The Boundaries

Where LLMs shine vs. where they fail, why hallucinations happen, and how to mitigate.

Ask an AI for a source and it may invent one - perfectly formatted, completely fake.

A real case

Lawyers filed a brief citing court cases an AI generated. The cases didn’t exist. They were sanctioned. The model wasn’t lying on purpose - it was doing exactly what it does: producing plausible-sounding text.

What LLMs can and can’t do

The big picture: LLMs are brilliant at working with language, and shaky whenever an answer has to be exactly, verifiably true.

Green zone - use freely

Drafting & rewriting - turn 5 messy bullets into a polished client email.
Summarizing - condense a 40-message thread into 5 takeaways.
Explaining simply - 'explain a mortgage to a 12-year-old.'
Brainstorming - 20 product name ideas.
Translating & reformatting - notes into a clean table.
Working with text you give it - pull action items from a transcript.

Red zone - verify

Exact facts from memory - 'what was our Q3 revenue?'
Fresh or real-time info - 'what's in the news today?'
Precise math & counting - 'how many r's in strawberry?'
Your private/internal data - it doesn't know your wiki or CRM.
Strict multi-step logic - a tricky scheduling puzzle in one shot.
Knowing its own limits - it answers anyway instead of 'I don't know.'

The pattern: language tasks = use freely (and skim). Exact-truth tasks = verify, or give it the facts.

Why these limits exist

1. Hallucination

Hallucination happens because the model predicts plausible tokens. When it lacks a fact, it fills the gap with something that looks right - there’s no built-in “I checked this” step. Highest risk: niche or recent topics, exact numbers, names, citations.

2. Bias

Trained on human-written internet text, so it absorbs human Bias and over-represents majority views. Ask it to “describe a nurse and a CEO” and, unprompted, it may default the nurse to “she” and the CEO to “he.”

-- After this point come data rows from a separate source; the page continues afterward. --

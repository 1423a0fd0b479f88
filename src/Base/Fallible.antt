-- ===== src/Base/Fallible.antt =====
-- `std::io::Result` with the panics of slicing, indexing and `unwrap` as a third outcome.
use mathlib.Core.Path.{◌≡◌, refl}
use mathlib.Core.Logic.{◌≢◌, ◌⊎◌, inl, inr}
use Prim.Native.String.{String}

-- The kinds of `std::io::Error` that the code makes itself, with its message.
pub data IoError : Type 0 where
  invalid_data : String → IoError
  permission_denied : String → IoError
  unexpected_eof : IoError

pub data Result {κ} (V : Type κ) : Type κ where
  panic : Result V
  err : IoError → Result V
  ok : V → Result V

-- What `?` does: the first failure is the outcome.
infixl 5 ◌>>=◌
abbrev pub ◌>>=◌ {κ μ} : {V : Type κ} {W : Type μ} → Result V → (V → Result W) → Result W
panic >>= k = panic
err x >>= k = err x
ok v >>= k = k v

-- Inversion of a successful bind.
pub >>=-eq-ok {κ μ} :
    {V : Type κ} {W : Type μ} (r : Result V) (k : V → Result W) {w : W}
    → (r >>= k) ≡ ok w
    → (v : V) × (r ≡ ok v) × (k v ≡ ok w)
>>=-eq-ok panic k q = cc
>>=-eq-ok (err x) k q = cc
>>=-eq-ok (ok v) k q = (v, refl, q)

-- A bind panics only where one of its parts does.
pub >>=-ne-panic {ℓ κ} :
    {A : Type ℓ} {B : Type κ} (m : Result A) (f : A → Result B)
    → m ≢ panic
    → ((a : A) → m ≡ ok a → f a ≢ panic)
    → (m >>= f) ≢ panic
>>=-ne-panic (ok a) f h k = k a refl
>>=-ne-panic (err e) f h k = λ p. cc
>>=-ne-panic panic f h k = absurd (h refl)

pub Result-cases {ℓ} :
    {A : Type ℓ} (r : Result A)
    → ((a : A) × (r ≡ ok a)) ⊎ ((e : IoError) × (r ≡ err e)) ⊎ (r ≡ panic)
Result-cases (ok a) = inl (a, refl)
Result-cases (err e) = inr (inl (e, refl))
Result-cases panic = inr (inr refl)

3. Knowledge cutoff & no live data

It only “knows” up to its Knowledge cutoff, and can’t see today’s news or your private documents unless connected to tools/search (Level 8, RAG).

4. Weak at exact math & strict logic

It’s matching language patterns, not running a calculator, so it can fumble arithmetic or “count the letters” tasks - unless it works step by step or uses tools.

5. Context limits

It can only hold so much text at once; very long inputs get truncated or key details get lost in the middle. Its working memory is the context window.

6. AI slop

Mass, low-effort generated content. Beyond being low value, AI slop pollutes the web - and future training data - creating a feedback loop.

Confidence is not correctness

The confidence needle can pin high while the answer is wrong. Read a confident tone as style, not proof.

How to mitigate

Verify anything that matters against a trusted source (Lesson 2.6 teaches the technique).
Give it the facts - paste the source or use retrieval - instead of trusting its memory.
For logic/math, ask for steps or use a reasoning model/tool.
Read confident tone as style, not proof.

Interactive

Spot the hallucination

Round 1 of 2 - flag the fabricated answer.

Which answer about remote-work productivity is fabricated?

Recap

LLMs predict plausible text, so they can hallucinate, carry bias, and miss recent or private facts.
By default they're weak at exact math/counting and limited by context size.
Verify what matters, supply the facts, and never mistake confidence for correctness.